High Availability Part 5
By Todd Little-Oracle on Jan 23, 2014
In the first parts of this series on high availability, I’ve explained what high availability means, how availability is defined and measured, what impacts availability, and what needs to be done in general to improve availability. In this post I’ll look at some of the features in Tuxedo that aid in creating highly available applications.
The first thing I want to cover is using redundancy to improve availability. If you recall from the second post, just adding a single level of redundancy can make a huge improvement in availability. This is often noted in many highly available systems where they claim there is no single point of failure, meaning that for every required component, there is at least one duplicate or redundant copy of it. Highly available hardware platforms like Exalogic are designed this way with redundant power distribution and power supplies, redundant networks, redundant or extra fans, redundant SSDs, etc. So any given failure of a single hardware component will not bring the system down. Tuxedo is designed with this strategy in mind, i.e., no single point of failure. Let’s look at each type of component in a Tuxedo application and see how it can be made redundant.
Each of the critical Tuxedo system servers can have additional copies of them run. When I say critical, I mean those that are required for the application to perform its task. The reason I qualify this is that often I’m asked about the Bulletin Board Liason (BBL), Distinguished Bulletin Board Liason (DBBL), and the BRIDGE. These three servers cannot have multiple copies of them running. So how does Tuxedo provide high availability if these servers cannot run redundantly? For the BBL and DBBL, the answer is that these servers are not needed by Tuxedo to process requests. So if a BBL or the DBBL crash for some reason, the application can still function as normal request processing doesn’t need those servers to be up to function. These servers are primarily responsible for management, configuration, and housekeeping tasks. So while one of them is temporarily down, the application continues to run, but certain configuration and administration tasks may not be able to be performed until the failed server is restarted.

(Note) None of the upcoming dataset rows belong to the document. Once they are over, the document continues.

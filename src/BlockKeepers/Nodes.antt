-- ===== src/BlockKeepers/Nodes.antt =====
-- The lookup of a block keeper by its node, node/src/block_keeper_system/mod.rs.
use ackinacki.Common.Assoc.{get-remove, get-insert, get}
use ackinacki.Types.{SignerIndex, NodeIdentifier}
use ackinacki.BlockKeepers.{
  node_id, get_by_signer, BlockKeeperData, remove_signer, insert_keeper, get_by_node_id,
  BlockKeeperSet,
}
use ackinacki.Common.{
  inr, inl, Option-cases, ◌||◌, nat_eq, if◌then◌else◌, ◌==◌, arith, ◌≡◌, Bool, false, some, none,
}

module _ {PubKey : Type 0} (s : BlockKeeperSet PubKey) where
  -- The table says that the node signs as `i`.
  abbrev pub signs_as : NodeIdentifier → SignerIndex → Bool
  signs_as n i = elim (get n s.signer_by_node_id) [ none ↦ false | some j ↦ j == i ]

  -- After an insertion the node of the keeper is found as that keeper, and so is any node that was
  -- already found under the same signer index; other nodes are found as before.
  pub get_by_node_id-insert_keeper :
      (i : SignerIndex) (keeper : BlockKeeperData PubKey) (n : NodeIdentifier)
      → get_by_node_id (insert_keeper s i keeper) n
        ≡ (if node_id keeper == n || signs_as n i then some keeper else get_by_node_id s n)
  unfolding get_by_node_id insert_keeper
  get_by_node_id-insert_keeper i keeper n = elim (Option-cases (get n s.signer_by_node_id)) [
    | inl e ↦ ground (
      arith,
      get-insert (node_id keeper) n i s.signer_by_node_id,
      get-insert i i keeper s.by_signer,
    )
    | inr (j, e) ↦ ground (
      arith,
      get-insert (node_id keeper) n i s.signer_by_node_id,
      get-insert i i keeper s.by_signer,
      get-insert i j keeper s.by_signer,
    )
  ]

  -- After a removal the node of the removed keeper is not found, whichever signer index the table had
  -- for it, nor is a node that was found under the removed index; other nodes are found as before.
  pub get_by_node_id-remove_signer :
      (i : SignerIndex) (n : NodeIdentifier)
      → get_by_node_id (remove_signer s i).0 n ≡ elim (get_by_signer s i) [
        | none ↦ get_by_node_id s n
        | some keeper ↦ if node_id keeper == n || signs_as n i then none else get_by_node_id s n
      ]
  unfolding get_by_node_id remove_signer get_by_signer
  get_by_node_id-remove_signer i n = elim (Option-cases (get i s.by_signer)) [
    | inl absent ↦ elim (Option-cases (get n s.signer_by_node_id)) [
      | inl e ↦ ground arith
      | inr (j, e) ↦ ground (arith, get-remove i j s.by_signer)
    ]
    | inr (keeper, present) ↦ elim (Option-cases (get n s.signer_by_node_id)) [
      | inl e ↦ ground (arith, get-remove (node_id keeper) n s.signer_by_node_id)
      | inr (j, e) ↦
          ground
            (arith, get-remove (node_id keeper) n s.signer_by_node_id, get-remove i j s.by_signer)
    ]
  ]

  get_by_signer-insert_keeper :
      (i j : SignerIndex) (keeper : BlockKeeperData PubKey)
      → get_by_signer (insert_keeper s i keeper) j
        ≡ (if i == j then some keeper else get_by_signer s j)
  unfolding get_by_signer insert_keeper
  get_by_signer-insert_keeper i j keeper = get-insert i j keeper s.by_signer

  get_by_signer-remove_signer :
      (i j : SignerIndex)
      → get_by_signer (remove_signer s i).0 j ≡ (if i == j then none else get_by_signer s j)
  unfolding get_by_signer remove_signer
  get_by_signer-remove_signer i j = get-remove i j s.by_signer

-- When a keeper of a node is inserted, then another keeper of the same node under another signer
-- index, and then the first is removed, the second is still in the set under its signer index, but
-- its node is not found any more.
pub get_by_node_id-two_signers :
    {PubKey : Type 0} (s : BlockKeeperSet PubKey) (i j : SignerIndex)
    (first second : BlockKeeperData PubKey)
    → node_id first ≡ node_id second
    → (i == j) ≡ false
    → let after = (remove_signer (insert_keeper (insert_keeper s i first) j second) i).0 in
      (get_by_signer after j ≡ some second) × (get_by_node_id after (node_id second) ≡ none)
get_by_node_id-two_signers s i j first second same other =
    let one = insert_keeper s i first in
    let two = insert_keeper one j second in
    ground (
      arith,
      get_by_signer-insert_keeper s i i first,
      get_by_signer-insert_keeper one j i second,
      get_by_signer-insert_keeper one j j second,
      get_by_signer-remove_signer two i j,
      get_by_node_id-remove_signer two i (node_id second),
    )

The BRIDGE on the other hand may be in the path of application request processing so why does it being down not necessarily affect application availability? This largely depends upon the application configuration. Ideally each machine in a clustered configuration would be running all the servers necessary to process application requests. In this case, Tuxedo would note that the BRIDGE is down and route requests only to local servers. Certain unavoidable configurations such as where a server cannot be run on more than one machine at a time, or singleton servers, may cause temporary unavailability of the services offered by that server, but this should be extremely short. The reason it will be short is that Tuxedo operates on a buddy system, meaning that every process has another process that is monitoring it presence and usually its health as well. All configured processes are monitored by the BBL. So if the BRIDGE fails, the BBL will automatically restart it and in general the worst that has happened is some requests will be temporarily delayed as no requests will be lost. Since every process needs a buddy to monitor it, the BRIDGE monitors the BBL, so if the BBL should crash, the BRIDGE will automatically restart the BBL. One final comment on these specific system servers, they contain no application or customer provided code and are highly tested, so their likelihood of failing to begin with is extremely low.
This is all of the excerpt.